Dubai Properties Group (DPG), a member of Dubai Holding, has restarted work on the Mudon project, Dubailand, with plans to complete 348 villas and townhouses in the next 18 months.
The decision, the developer said, is based on increasing demand for “quality” villas in prime locations across the emirate.
DPG Group CEO Khalid Al Malik said, in a statement: “I am pleased to confirm our decision to restart work on our flagship Mudon development in what is a prime location in Dubai.”

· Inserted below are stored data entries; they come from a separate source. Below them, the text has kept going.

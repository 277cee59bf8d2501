-- ===== src/Compile/Keeps/Patching.antt =====
-- compile.go: the last pass over a function keeps its context coherent and bounds its registers.
use gopher_lua.Prelude.{
  ℕ, zero, suc, ◌+◌, ◌≤◌, ◌≡◌, refl, arith, Bool-cases, inl, inr, ◌==◌, length, ltb, ◌∙◌,
}
use gopher_lua.Prelude.Int.{ℤ, pos, eqb_ℤ, ltb_ℤ, ◌+ℤ◌, ◌-ℤ◌}
use gopher_lua.Prelude.Result.{ok, bind-ok, ok_injective}
use gopher_lua.Opcode
use gopher_lua.Opcode.{op_code}
use gopher_lua.Opcode.Word.{get_op_code, get_arg_sbx, op_max_arg_sbx}
use gopher_lua.Compile.Code.{
  CodeStore, modify, read_at, write_at, at, list, store_op_code, store_sbx,
}
use gopher_lua.Compile.Context.{FuncContext, lift, max_registers, get_label_pc, get_label_pc}
use gopher_lua.Compile.Patch.{
  patch_code, patch_from, patch_inst, set_jump, jump_from, finish_patch, raise_to, register_needed,
}
use gopher_lua.Compile.Keeps.{Post, Post-done, Post-bind, Post-lift, Post-map, Post-error}
use gopher_lua.Compile.Keeps.Codes.{write_at-length, write_at-length, Matched}

-- What the pass leaves as it was, and a line for each instruction.
pub record Patched {N : Type 0} (fc fc' : FuncContext N) : Type 0 where
  pub blocks : fc'.blocks ≡ fc.blocks
  pub block : fc'.block ≡ fc.block
  pub pc : fc'.code.pc ≡ fc.code.pc
  pub lines : fc'.code.lines ≡ fc.code.lines
  pub matched : Matched fc'.code
  pub constants : fc'.proto.constants ≡ fc.proto.constants
  pub prototypes : fc'.proto.function_prototypes ≡ fc.proto.function_prototypes
  pub positions : fc'.proto.dbg_source_positions ≡ fc.proto.dbg_source_positions

module _ {N : Type 0} where
  Patched-refl : (fc : FuncContext N) → Matched fc.code → Patched fc fc
  Patched-refl fc m = record {
    blocks = refl;
    block = refl;
    pc = refl;
    lines = refl;
    matched = m;
    constants = refl;
    prototypes = refl;
    positions = refl;
  }

  Patched-trans : (a b c : FuncContext N) → Patched a b → Patched b c → Patched a c
  Patched-trans a b c p q = record {
    blocks = q.blocks ∙ p.blocks;
    block = q.block ∙ p.block;
    pc = q.pc ∙ p.pc;
    lines = q.lines ∙ p.lines;
    matched = q.matched;
    constants = q.constants ∙ p.constants;
    prototypes = q.prototypes ∙ p.prototypes;
    positions = q.positions ∙ p.positions;
  }

  jump_from-Post :
      (n : ℕ) (distance : ℤ) (jmp pc : ℕ) (fc : FuncContext N)
      → Post (λ d. Unit {0}) (jump_from n distance jmp pc fc)
  unfolding jump_from
  jump_from-Post zero distance jmp pc fc = Post-done _ tt
  jump_from-Post (suc n) distance jmp pc fc =
      let d = get_label_pc (get_arg_sbx jmp) fc -ℤ pos pc in
      elim (Bool-cases (get_op_code jmp == op_code Opcode.op_jmp)) [
        | inr other ↦ rw other (Post-done _ tt)
        | inl jump ↦ rw jump (elim (Bool-cases (ltb_ℤ (pos op_max_arg_sbx) d)) [
          | inr near ↦ rw near (
              Post-bind (lift (at (pos pc +ℤ d +ℤ pos 1) fc.code)) _ (Post-lift _ (λ x e. tt))
                (λ inst u. jump_from-Post n d inst pc fc))
          | inl far ↦ rw far (elim (Bool-cases (eqb_ℤ distance (pos 0))) [
            | inl first ↦ rw first (Post-error _ _)
            | inr later ↦ rw later (Post-done _ tt)
          ])
        ])
      ]

  modify-Patched :
      (f : ℕ → ℕ) (pc : ℤ) (fc : FuncContext N) (code : CodeStore)
      → Matched fc.code
      → modify f pc fc.code ≡ ok code
      → Patched fc (record fc { code = code })
  modify-Patched f pc fc code m e =
      let (inst, r, rest) = bind-ok (read_at fc.code.codes pc) _ code e in
      let (codes, w, rest') = bind-ok (write_at fc.code.codes pc (f inst)) _ code rest in
      rw (← ok_injective rest') (record {
        blocks = refl;
        block = refl;
        pc = refl;
        lines = refl;
        matched = omega (arith, write_at-length fc.code.codes codes pc (f inst) w, m);
        constants = refl;
        prototypes = refl;
        positions = refl;
      })

  set_jump-Patched :
      (distance : ℤ) (pc : ℕ) (fc : FuncContext N)
      → Matched fc.code
      → Post (Patched fc) (set_jump distance pc fc)
  unfolding set_jump store_op_code store_sbx
  set_jump-Patched distance pc fc m = elim (Bool-cases (eqb_ℤ distance (pos 0))) [
    | inl still ↦ rw still (
        Post-bind (lift (store_op_code (pos pc) (op_code Opcode.op_nop) fc.code)) _
          (Post-lift _ (λ code e. modify-Patched _ (pos pc) fc code m e)) (λ code p. Post-done _ p))
    | inr far ↦ rw far (
        Post-bind (lift (store_sbx (pos pc) distance fc.code)) _
          (Post-lift _ (λ code e. modify-Patched _ (pos pc) fc code m e)) (λ code p. Post-done _ p))
  ]

  patch_inst-Patched :
      (inst pc : ℕ) (fc : FuncContext N)
      → Matched fc.code
      → Post (Patched fc) (patch_inst inst pc fc)
  unfolding patch_inst
  patch_inst-Patched inst pc fc m = elim (Bool-cases (get_op_code inst == op_code Opcode.op_jmp)) [
    | inl jump ↦ rw jump (
        Post-bind (jump_from 5 (pos 0) inst pc fc) _ (jump_from-Post 5 (pos 0) inst pc fc)
          (λ distance u. set_jump-Patched distance pc fc m))
    | inr other ↦ rw other (Post-done fc (Patched-refl fc m))
  ]

  patch_from-Patched :
      (n pc maxreg : ℕ) (fc : FuncContext N)
      → Matched fc.code
      → Post (λ (r : ℕ × FuncContext N). Patched fc r.1) (patch_from n pc maxreg fc)
  unfolding patch_from
  patch_from-Patched zero pc maxreg fc m = Post-done _ (Patched-refl fc m)
  patch_from-Patched (suc n) pc maxreg fc m =
      Post-bind (lift (read_at fc.code.codes (pos pc))) _
        (Post-lift {P = λ x. Unit {0}} _ (λ x e. tt))
        (λ inst u. Post-bind (patch_inst inst pc fc) _ (patch_inst-Patched inst pc fc m) (λ fc' p.
          Post-map _
            (patch_from-Patched n (pc + 1) (raise_to (register_needed inst) maxreg) fc' p.matched)
            (λ r q. Patched-trans fc fc' r.1 p q)))

  finish_patch-Patched :
      (maxreg : ℕ) (fc : FuncContext N)
      → Matched fc.code
      → Post
          (λ fc'. Patched fc fc' × (fc'.proto.num_used_registers ≤ max_registers))
          (finish_patch maxreg fc)
  unfolding finish_patch
  finish_patch-Patched maxreg fc m = elim (Bool-cases (ltb max_registers (maxreg + 1))) [
    | inl many ↦ rw many (Post-error _ _)
    | inr few ↦ rw few (
        Post-done _ (
          record {
            blocks = refl;
            block = refl;
            pc = refl;
            lines = refl;
            matched = m;
            constants = refl;
            prototypes = refl;
            positions = refl;
          },
          ground arith,
        ))
  ]

  pub patch_code-Patched :
      (fc : FuncContext N)
      → Matched fc.code
      → Post
          (λ fc'. Patched fc fc' × (fc'.proto.num_used_registers ≤ max_registers))
          (patch_code fc)
  unfolding patch_code
  patch_code-Patched fc m =
      Post-bind (lift (list fc.code)) _ (Post-lift {P = λ x. Unit {0}} _ (λ x e. tt)) (λ codes u.
        Post-bind (patch_from (length codes) 0 (raise_to fc.proto.num_parameters 1) fc) _
          (patch_from-Patched (length codes) 0 (raise_to fc.proto.num_parameters 1) fc m)
          (λ r p.
            Post-map _ (finish_patch-Patched r.0 r.1 p.matched)
              (λ fc' q. (Patched-trans fc r.1 fc' p q.0, q.1))))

He said: “This is a clear confirmation of the market recovery and Dubai Property Group’s commitment to play an important role in the Real Estate Development of Dubai. Our immediate priority is to delivering this first phase to retail investors, Mudon will be as successful as Layan, Al Waha and The Villa the other residential communities developed by us.”
A third of units and infrastructure in the first phase of Mudon are partially complete.

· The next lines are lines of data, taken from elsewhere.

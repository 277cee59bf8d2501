-- ===== src/Compile/Keeps/Finishing.antt =====
-- compile.go: a function that is compiled has a finished prototype.
use gopher_lua.Prelude.{
  ℕ, ◌≤◌, ◌≡◌, refl, sym, ap, List, arith, Bool-cases, inl, inr, length, ◌∙◌, length-take, take,
}
use gopher_lua.Prelude.Int.{ℤ, pos, leb_ℤ, pos_part}
use gopher_lua.Prelude.Result.{Fault, out_of_range, ok, panic, ok_injective}
use gopher_lua.Compile.Code.{list, pos_list, prefix}
use gopher_lua.Compile.Context
use gopher_lua.Compile.Context.{
  CodeBlock, FuncContext, FunctionProto, Outcome, done, lift, block_at, parent_at, new_func_context,
  max_registers, end_scope, close_block_upvalues,
}
use gopher_lua.Compile.Patch.{patch_code}
use gopher_lua.Compile.Monad.{Compiler, M, ◌>>=◌, ◌>>◌}
use gopher_lua.Compile.Keeps.{
  Keeps, Coherent, Finished, Valid, Next, Post, Post-done, Post-bind, Post-lift, Post-map,
}
use gopher_lua.Compile.Keeps.Leaving.{end_scope-Coherent}
use gopher_lua.Compile.Expressions.Functions.{finish_function, finish_context, with_positions}
use gopher_lua.Compile.Keeps.Patching.{Patched, patch_code-Patched}

-- A step at whose end the prototype of the function at work is finished.
pub record Finishes {N A : Type 0} (m : M N A) : Type 0 where
  pub at :
      (s : Compiler N)
      → Valid s
      → Post
          (λ (r : A × Compiler N). Next s r × Finished (length r.1.protos) r.1.context.proto)
          (m s)

pub Finishes-bind :
    {N A B : Type 0} (m : M N A) (f : A → M N B)
    → Keeps m
    → ((a : A) → Finishes (f a))
    → Finishes (m >>= f)
Finishes-bind m f km kf = record {
  at = λ s h.
      Post-bind (m s) (λ r. f r.0 r.1) (km.at s h)
        (λ r n.
          Post-map (f r.0 r.1) ((kf r.0).at r.1 n.0)
            (λ q n'. ((n'.0.0, n'.0.1 ∙ n.1, omega arith), n'.1)));
}

pub Finishes-then :
    {N A B : Type 0} (m : M N A) (k : M N B) → Keeps m → Finishes k → Finishes (m >> k)
Finishes-then m k km fk = Finishes-bind m (λ a. k) km (λ a. fk)

length-prefix : {A : Type 0} (a b : List A) (pc : ℤ) → prefix a pc ≡ ok b → length b ≡ pos_part pc
length-prefix a b pc e = elim (Bool-cases (leb_ℤ (pos 0) pc)) [
  | inr low ↦
      let none_left : prefix a pc ≡ panic out_of_range = rw low refl in
      absurd (different (sym none_left ∙ e))
  | inl up ↦ elim (Bool-cases (leb_ℤ pc (pos (length a)))) [
    | inr high ↦
        let none_left : prefix a pc ≡ panic out_of_range = rw up (rw high refl) in
        absurd (different (sym none_left ∙ e))
    | inl fits ↦
        let all : prefix a pc ≡ ok (take (pos_part pc) a) = rw up (rw fits refl) in
        let taken = length-take (pos_part pc) a in
        let same = ap length (ok_injective (sym e ∙ all)) in ground (arith, taken, same)
  ]
]
  where
    different : {X : Type 0} {x : X} {why : Fault} → panic why ≡ ok x → ⊥
    different q = absurd cc

module _ {N : Type 0} where
  -- The lines of a patched context are those of before.
  finished :
      (k : ℕ) (ended patched : FuncContext N) (positions : List ℤ) (codes : List ℕ)
      → Coherent k ended
      → Patched ended patched
      → patched.proto.num_used_registers ≤ max_registers
      → patched.proto.dbg_source_positions ≡ positions
      → pos_list ended.code ≡ ok positions
      → list patched.code ≡ ok codes
      → Finished k (record (patched.proto) { proto_code = codes })
  unfolding pos_list list
  finished k ended patched positions codes h p few same ep ec = record {
    lines =
        let l = length-prefix ended.code.lines positions ended.code.pc ep in
        let l' = length-prefix patched.code.codes codes patched.code.pc ec in
        let e = ap pos_part p.pc in rw same (omega (arith, l, l', e));
    constants = rw p.constants h.constants;
    registers = few;
    prototypes = rw p.prototypes h.prototypes;
  }

  still_coherent :
      (k : ℕ) (ended patched : FuncContext N) (codes : List ℕ)
      → Coherent k ended
      → Patched ended patched
      → Coherent k (record patched { proto = record (patched.proto) { proto_code = codes } })
  still_coherent k ended patched codes h p = record {
    nested = rw p.blocks h.nested;
    current = rw p.blocks (rw p.block h.current);
    matched = p.matched;
    constants = rw p.constants h.constants;
    prototypes = rw p.prototypes h.prototypes;
  }

  with_positions-Coherent :
      (k : ℕ) (positions : List ℤ) (fc : FuncContext N)
      → Coherent k fc
      → Coherent k (with_positions positions fc)
  unfolding with_positions
  with_positions-Coherent k positions fc h = record {
    nested = h.nested;
    current = h.current;
    matched = h.matched;
    constants = h.constants;
    prototypes = h.prototypes;
  }

  finish_context_lem :
      (k : ℕ) (fc : FuncContext N)
      → Coherent k fc
      → Post (λ fc'. Coherent k fc' × Finished k fc'.proto) (finish_context fc)
  unfolding finish_context with_positions
  finish_context_lem k fc h = Post-bind (end_scope fc) _ (end_scope-Coherent k fc h) (λ ended h1.
      Post-bind {P = λ positions. pos_list ended.code ≡ ok positions} (lift (pos_list ended.code)) _
        (Post-lift _ (λ positions e. e))
        (λ positions ep.
          Post-bind (patch_code (with_positions positions ended)) _
            (patch_code-Patched (with_positions positions ended) h1.matched)
            (λ patched p.
              Post-bind {P = λ codes. list patched.code ≡ ok codes} (lift (list patched.code)) _
                (Post-lift _ (λ codes e. e))
                (λ codes ec. Post-done _ (
                  still_coherent k (with_positions positions ended) patched codes
                      (with_positions-Coherent k positions ended h1) p.0,
                  finished k (with_positions positions ended) patched positions codes
                      (with_positions-Coherent k positions ended h1) p.0 p.1 p.0.positions ep ec,
                )))))

  pub finish_function-Finishes : Finishes (finish_function {N = N})
  unfolding finish_function
  finish_function-Finishes = record {
    at = λ s h.
        Post-bind (Context.◌>>=◌ (finish_context s.context) (λ fc'. done (tt, fc'))) _
          (Post-bind (finish_context s.context) _
            (finish_context_lem (length s.protos) s.context h.context)
            (λ fc' c.
              Post-done
                {P = λ (r : Unit {0} × FuncContext N).
                  Coherent (length s.protos) r.1 × Finished (length s.protos) r.1.proto}
                _ c))
          (λ r c. Post-done _ (
            (record { context = c.0; outer = h.outer; protos = h.protos }, refl, omega arith),
            c.1,
          ));
  }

In 2008, DPG had announced sale of 348 Mudon Cairo Townhouses.
These units, comprised 1.4 million square foot cluster of two-storey, four-bedroom villas, within the Cairo section of the project with each villa in the cluster including a garage for two cars, patio and garden and a first-floor terrace.
The estimated Dh40-billion, 678-hectare mixed-used development was announced in 2007.
Mudon, which means “cities” in Arabic, was to incorporate five historic cities – Baghdad, Beirut, Damascus, Cairo and Marrakech – within one large city and house almost 50,000 people.
As originally planned, the project would house 3,200 villas and town houses and 8,500 apartments.
In April, Jones Lang LaSalle said the Dubai residential real estate market appears to have bottomed out as prices are now at rates similar to early 2008 levels and the general rental trend being positive.
The villa market, particularly, is witnessing high demand with prices on the rise, it added.
Craig Plumb, Head of Research, Jones Lang LaSalle Mena, told Emirates 24|7: “It is certainly a sign of confidence in the villa market which has been clearly outperforming the apartments.”
Asked whether price would decide the demand for Mudon, he said the demand would be driven by quality and services provided in the community and not merely by the prices.
“They will have to compete with other established communities particularly those on Emirates Road,” Plumb added.
We reported in June that Emaar Properties had launched 62 units in the Alma 2 cluster of Arabian Ranches, which were priced between Dh1.4 million and Dh2.2 million.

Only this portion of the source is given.